I don't even know what her phone number is. Haven't for years. 




TJW said:


> If his ex has not remarried, she may expect him to be her "husband", requiring his attention and his time. He may not have sex with her, but there can still be "ties which bind" him to her.


This could be the case. The friend needs to observe her boyfriend's ex wife and consider the dynamic of the divorced relationship. When I divorced, there were a few years afterwards where my ex would want to talk to me about personal things from her life that did not involve the kids. Honestly, it took about three years after the divorce for her to stop occasionally approaching me as though we were friends. That's a tough new territory to navigate, though. You want to be friendly because that's good for the kids, but you don't want to actually be friends, and this is someone you used to spend your life with. No matter how crappy things may have exploded at the end, until you get some distance from the big D, your ex probably knows you better than anyone else. My ex never said it, but I think she used to gloat in the fact that anyone I was in a relationship with didn't know/understand me as well as she did. (At least in her mind.)

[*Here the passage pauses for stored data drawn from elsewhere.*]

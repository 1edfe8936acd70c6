-- ===== src/Diagnosis/Attempt.antt =====
-- `diagnose_problem_attempt` of cpa_first/engine/problem_diagnosis.py, for a problem map with its required keys
-- and a correct choice that is not negative. The rows that the diagnosis passes through are
-- texts; the texts of its actions are fixed by their type.
use xeno_pre_test.Prelude.{
  ℕ, suc, Bool, true, false, not, ◌&&◌, ◌==◌, ltb, if◌then◌else◌, Option, none, some, List, [], ◌∷◌,
  ◌++◌, String, str_eq, first, get_elem?, take,
}

pub data ℤ : Type 0 where
  pos negsuc : ℕ → ℤ

pub record Link : Type 0 where
  pub concept_label : Option String
  pub detail : String

pub record Elimination : Type 0 where
  pub choice_index : ℕ
  pub detail : String

pub record SolutionPath : Type 0 where
  pub path_id : String
  pub path_type : String
  pub label : String
  pub why_this_path : String
  pub ordered_steps : List String
  pub concept_links : List Link
  pub choice_eliminations : List Elimination

pub record ProblemMap : Type 0 where
  pub question_id : String
  pub subject : String
  pub unit : String
  pub choices : List String
  pub correct_choice : ℕ
  pub solution_paths : List SolutionPath
  pub tutorial_id : Option String

-- `_path_by_type`
abbrev pub path_by_type : ProblemMap → String → Option SolutionPath
path_by_type m t = first (λ p. str_eq p.path_type t) m.solution_paths

-- `_choice_elimination`
abbrev pub choice_elimination : ProblemMap → ℕ → Option Elimination
choice_elimination m k = elim (path_by_type m "choice_elimination") [
  | none ↦ none
  | some p ↦ first (λ e. e.choice_index == k) p.choice_eliminations
]

pub data Action : Type 0 where
  concept_rebuild speed_rebuild advance_to_variant : Action

-- `_next_action`
abbrev pub next_action : Bool → Bool → Action
next_action false slow = concept_rebuild
next_action true true = speed_rebuild
next_action true false = advance_to_variant

pub record Diagnosis : Type 0 where
  pub correct : Bool
  pub selected_choice_text : String
  pub correct_choice_text : String
  pub time_over_limit : Bool
  pub mistake_tags : List String
  pub selected_choice_elimination : Option Elimination
  pub recommended_path : Option SolutionPath
  pub missing_concept_links : List Link
  pub focus_concepts : List String
  pub action : Action

pub data Outcome : Type 0 where
  -- The `ValueError` of each guard, in order.
  choice_out_of_range negative_time no_time_limit : Outcome
  -- `choices[correct_choice]` is out of range.
  index_error : Outcome
  diagnosed : Diagnosis → Outcome

-- The list's item at `selected_choice`, where the first guard lets it pass.
abbrev pub chosen_at : ℤ → List String → Option (ℕ × String)
chosen_at (negsuc k) choices = none
chosen_at (pos k) choices = elim (get_elem? choices k) [ none ↦ none | some c ↦ some (k, c) ]

abbrev pub is_negative : Option ℤ → Bool
is_negative (some (negsuc k)) = true
is_negative _ = false

abbrev pub is_positive : ℤ → Bool
is_positive (pos (suc k)) = true
is_positive _ = false

-- `time_seconds is not None and time_seconds > time_limit_seconds`, for times that are not negative.
abbrev pub is_slow : Option ℤ → ℤ → Bool
is_slow (some (pos t)) (pos limit) = ltb limit t
is_slow _ _ = false

-- The type of the path that is recommended.
abbrev pub path_type_for : Bool → Bool → String
path_type_for false slow = "choice_elimination"
path_type_for true true = "structure"
path_type_for true false = "reverse_check"

unfoldable pub links_of : Option SolutionPath → List Link
links_of none = []
links_of (some p) = p.concept_links

-- `[link["concept_label"] for link in links if link.get("concept_label")]`
unfoldable pub labels : List Link → List String
labels [] = []
labels (l ∷ ls) = elim l.concept_label [
  | none ↦ labels ls
  | some c ↦ if str_eq c "" then labels ls else c ∷ labels ls
]

abbrev pub tags_for : Bool → Bool → List String
tags_for correct slow =
    (if correct then [] else "concept_gap" ∷ "distractor_trap" ∷ [])
    ++ (if slow then "time_pressure" ∷ [] else [])

-- The diagnosis behind the guards.
unfoldable pub diagnosis_of : ProblemMap → ℕ → String → String → Bool → Diagnosis
unfolding links_of labels
diagnosis_of m k chosen right slow =
    let correct = k == m.correct_choice in
    let path = path_by_type m (path_type_for correct slow) in
    let missing = if correct && not slow then [] else links_of path in
    record {
      correct = correct;
      selected_choice_text = chosen;
      correct_choice_text = right;
      time_over_limit = slow;
      mistake_tags = tags_for correct slow;
      selected_choice_elimination = choice_elimination m k;
      recommended_path = path;
      missing_concept_links = missing;
      focus_concepts = labels (take 3 missing);
      action = next_action correct slow;
    }

unfoldable pub diagnose_problem_attempt : ProblemMap → ℤ → Option ℤ → ℤ → Outcome
unfolding diagnosis_of
diagnose_problem_attempt m selected time limit = elim (chosen_at selected m.choices) [
  | none ↦ choice_out_of_range
  | some (k, chosen) ↦
      if is_negative time
      then negative_time
      else if not (is_positive limit)
      then no_time_limit
      else (elim (get_elem? m.choices m.correct_choice) [
        | none ↦ index_error
        | some right ↦ diagnosed (diagnosis_of m k chosen right (is_slow time limit))
      ])
]
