-- ===== src/Records/Overrides.antt =====
-- The review overrides of cpa_first/db/repositories.py: one row for each key, written in place or added.
use xeno_pre_test.Prelude.{
  ◌≡◌, refl, ap, Bool, false, ◌&&◌, if◌then◌else◌, Option, none, some, List, [], ◌∷◌, String,
  str_eq, eq_iff, eq_refl, first, arith, Bool-cases, inl, inr,
}

pub record ReviewOverride : Type 0 where
  pub ref_type : String
  pub ref_id : String
  pub review_status : String
  pub reviewer : Option String

abbrev pub has_ref : String → String → ReviewOverride → Bool
has_ref t i r = str_eq r.ref_type t && str_eq r.ref_id i

unfoldable pub get_review_override : String → String → List ReviewOverride → Option ReviewOverride
get_review_override t i rows = first (has_ref t i) rows

-- The row of the new key, or the first row of this key with the new status and reviewer.
unfoldable pub put_override : ReviewOverride → List ReviewOverride → List ReviewOverride
put_override new [] = new ∷ []
put_override new (r ∷ rows) =
    if has_ref new.ref_type new.ref_id r then new ∷ rows else r ∷ put_override new rows

abbrev status_of : Option ReviewOverride → Option String
status_of none = none
status_of (some r) = some r.review_status

-- The previous status, the row and the rows after.
unfoldable pub upsert_review_override :
    String
    → String
    → String
    → Option String
    → List ReviewOverride
    → Option String × ReviewOverride × List ReviewOverride
unfolding get_review_override put_override
upsert_review_override t i status reviewer rows =
    let row : ReviewOverride = record {
      ref_type = t;
      ref_id = i;
      review_status = status;
      reviewer = reviewer;
    } in
    (status_of (get_review_override t i rows), row, put_override row rows)

first-put_override :
    (new : ReviewOverride) (rows : List ReviewOverride)
    → first (has_ref new.ref_type new.ref_id) (put_override new rows) ≡ some new
unfolding put_override
first-put_override new [] = ground (arith, eq_refl new.ref_type, eq_refl new.ref_id)
first-put_override new (r ∷ rows) =
    ground (arith, first-put_override new rows, eq_refl new.ref_type, eq_refl new.ref_id)

first-put_override_other :
    (t i : String) (new : ReviewOverride) (rows : List ReviewOverride)
    → has_ref t i new ≡ false
    → first (has_ref t i) (put_override new rows) ≡ first (has_ref t i) rows
unfolding put_override
first-put_override_other t i new [] h = ground (arith, h)
first-put_override_other t i new (r ∷ rows) h =
    elim (Bool-cases (has_ref new.ref_type new.ref_id r)) [
      | inl s ↦
          let type_same : r.ref_type ≡ new.ref_type =
            (eq_iff r.ref_type new.ref_type).0 (ground (arith, s)) in
          let id_same : r.ref_id ≡ new.ref_id =
            (eq_iff r.ref_id new.ref_id).0 (ground (arith, s)) in
          let missed : has_ref t i r ≡ false = rw (type_same, id_same) h in rw (s, h, missed) refl
      | inr s ↦ let rest = first-put_override_other t i new rows h in rw s (ground (arith, rest))
    ]

-- After an upsert the override is found, with the status and the reviewer given; a second upsert of the same
-- key reports that status as the previous one; and the override of another key is as it was.
pub upsert_review_override_lem :
    (t i status next : String) (reviewer : Option String) (t' i' : String)
    (rows : List ReviewOverride)
    → (str_eq t t' && str_eq i i') ≡ false
    → let (previous, row, after) = upsert_review_override t i status reviewer rows in
      (get_review_override t i after ≡ some row)
      × (row.review_status ≡ status)
      × ((upsert_review_override t i next reviewer after).0 ≡ some status)
      × (get_review_override t' i' after ≡ get_review_override t' i' rows)
unfolding upsert_review_override get_review_override
upsert_review_override_lem t i status next reviewer t' i' rows other =
    let row : ReviewOverride = record {
      ref_type = t;
      ref_id = i;
      review_status = status;
      reviewer = reviewer;
    } in
    let found = first-put_override row rows in
    (found, refl, ap status_of found, first-put_override_other t' i' row rows other)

If this friend's boyfriend is recently divorced, I'd say don't dump the guy, but def put marriage on the backburner for the moment.




TJW said:


> The "ex" relationship can create very large stressors in a subsequent marriage even though there is not a sexual connection to the ex.


Baby mama drama. Sometimes there is an ex who takes a little joy in stirring up drama just to scare off the person their ex is dating. From my observations, women do this more than men. Maybe it is subconscious. I think a LOT has to do with whether or not the guy's ex has moved on and remarried.


----------



## Diana7 (Apr 19, 2016)

SpinyNorman said:


> Of course it isn't needed, social contact is never needed. We can all be hermits.
> 
> If the two of you are happy not hearing from your exes, I'm happy for you but that isn't the only way people can live and that's what I'm pointing out to TS. I'm not giving you advice since you didn't ask for it.
> 
> We're both giving advice to a poster, and our advice differs. Our experiences probably differ, too.


So anyone who doesn't see their ex spouses are hermits? What a weird thing to say, and clearly not true. 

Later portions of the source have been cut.